= ACTIVITY =
Scan the records for "Base". Report each line that includes it.

SOURCE RECORDS START

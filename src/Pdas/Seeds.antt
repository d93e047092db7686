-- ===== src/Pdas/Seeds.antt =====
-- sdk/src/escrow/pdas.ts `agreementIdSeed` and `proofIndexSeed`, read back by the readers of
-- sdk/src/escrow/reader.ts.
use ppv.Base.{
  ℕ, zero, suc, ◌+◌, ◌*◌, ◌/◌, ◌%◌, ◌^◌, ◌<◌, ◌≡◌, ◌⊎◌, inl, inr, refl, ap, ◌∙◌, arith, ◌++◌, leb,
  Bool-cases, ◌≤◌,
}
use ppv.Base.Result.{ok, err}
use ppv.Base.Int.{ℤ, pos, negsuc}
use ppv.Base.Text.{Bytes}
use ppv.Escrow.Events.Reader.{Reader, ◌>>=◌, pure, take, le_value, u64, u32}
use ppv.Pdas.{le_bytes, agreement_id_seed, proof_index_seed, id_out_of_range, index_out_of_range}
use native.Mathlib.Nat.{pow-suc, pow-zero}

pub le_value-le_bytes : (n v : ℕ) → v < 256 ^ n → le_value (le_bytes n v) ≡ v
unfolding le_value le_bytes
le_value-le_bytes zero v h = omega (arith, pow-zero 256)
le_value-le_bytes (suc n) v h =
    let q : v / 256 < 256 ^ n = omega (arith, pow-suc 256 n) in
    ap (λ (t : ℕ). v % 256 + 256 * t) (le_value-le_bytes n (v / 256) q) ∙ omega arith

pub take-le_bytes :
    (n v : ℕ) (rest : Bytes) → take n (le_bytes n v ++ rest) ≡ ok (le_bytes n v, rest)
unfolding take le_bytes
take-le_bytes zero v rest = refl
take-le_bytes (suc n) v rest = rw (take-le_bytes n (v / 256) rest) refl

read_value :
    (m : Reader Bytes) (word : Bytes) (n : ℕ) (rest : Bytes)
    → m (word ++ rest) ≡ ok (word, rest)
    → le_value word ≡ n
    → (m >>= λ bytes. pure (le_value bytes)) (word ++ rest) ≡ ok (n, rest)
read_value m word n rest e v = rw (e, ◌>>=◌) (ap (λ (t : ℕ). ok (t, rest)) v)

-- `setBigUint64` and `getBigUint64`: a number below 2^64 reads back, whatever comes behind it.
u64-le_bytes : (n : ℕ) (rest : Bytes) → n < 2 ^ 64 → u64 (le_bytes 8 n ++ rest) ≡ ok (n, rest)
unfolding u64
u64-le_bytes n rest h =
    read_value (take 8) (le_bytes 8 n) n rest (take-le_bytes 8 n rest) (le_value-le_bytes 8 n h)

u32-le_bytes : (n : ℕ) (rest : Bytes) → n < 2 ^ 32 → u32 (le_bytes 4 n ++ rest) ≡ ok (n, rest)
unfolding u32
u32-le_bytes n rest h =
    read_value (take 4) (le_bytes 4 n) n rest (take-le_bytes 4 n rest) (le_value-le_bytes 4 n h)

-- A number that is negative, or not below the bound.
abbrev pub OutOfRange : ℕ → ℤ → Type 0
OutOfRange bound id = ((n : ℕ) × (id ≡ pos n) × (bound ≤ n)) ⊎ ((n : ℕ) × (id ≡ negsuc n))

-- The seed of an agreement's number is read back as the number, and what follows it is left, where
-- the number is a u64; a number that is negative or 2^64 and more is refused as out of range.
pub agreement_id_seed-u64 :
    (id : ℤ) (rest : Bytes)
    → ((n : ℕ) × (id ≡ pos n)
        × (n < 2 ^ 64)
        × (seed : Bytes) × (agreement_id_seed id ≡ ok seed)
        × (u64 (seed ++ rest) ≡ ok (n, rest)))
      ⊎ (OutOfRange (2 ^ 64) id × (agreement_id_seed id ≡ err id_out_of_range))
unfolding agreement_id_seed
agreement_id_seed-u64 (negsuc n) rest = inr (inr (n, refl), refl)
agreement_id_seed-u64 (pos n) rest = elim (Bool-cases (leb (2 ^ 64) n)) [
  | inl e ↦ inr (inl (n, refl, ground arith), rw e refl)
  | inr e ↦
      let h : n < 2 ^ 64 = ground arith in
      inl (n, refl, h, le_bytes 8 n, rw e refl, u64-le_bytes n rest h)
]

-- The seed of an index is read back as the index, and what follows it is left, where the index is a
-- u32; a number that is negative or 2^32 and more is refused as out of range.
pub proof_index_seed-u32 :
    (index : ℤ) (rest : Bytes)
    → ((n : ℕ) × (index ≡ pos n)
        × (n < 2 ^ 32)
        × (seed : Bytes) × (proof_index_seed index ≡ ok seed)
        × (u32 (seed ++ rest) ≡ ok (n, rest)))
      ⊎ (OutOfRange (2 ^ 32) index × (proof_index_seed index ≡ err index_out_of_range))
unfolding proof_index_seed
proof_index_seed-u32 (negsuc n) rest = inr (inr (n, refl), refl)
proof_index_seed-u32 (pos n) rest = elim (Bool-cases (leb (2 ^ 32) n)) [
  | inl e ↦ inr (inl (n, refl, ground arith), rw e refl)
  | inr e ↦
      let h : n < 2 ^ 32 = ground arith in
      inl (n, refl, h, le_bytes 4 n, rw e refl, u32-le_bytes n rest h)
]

SOURCE RECORDS END

= FINISHED TASK =
use ppv.Base.{
use ppv.Base.Result.{ok, err}
use ppv.Base.Int.{ℤ, pos, negsuc}
use ppv.Base.Text.{Bytes}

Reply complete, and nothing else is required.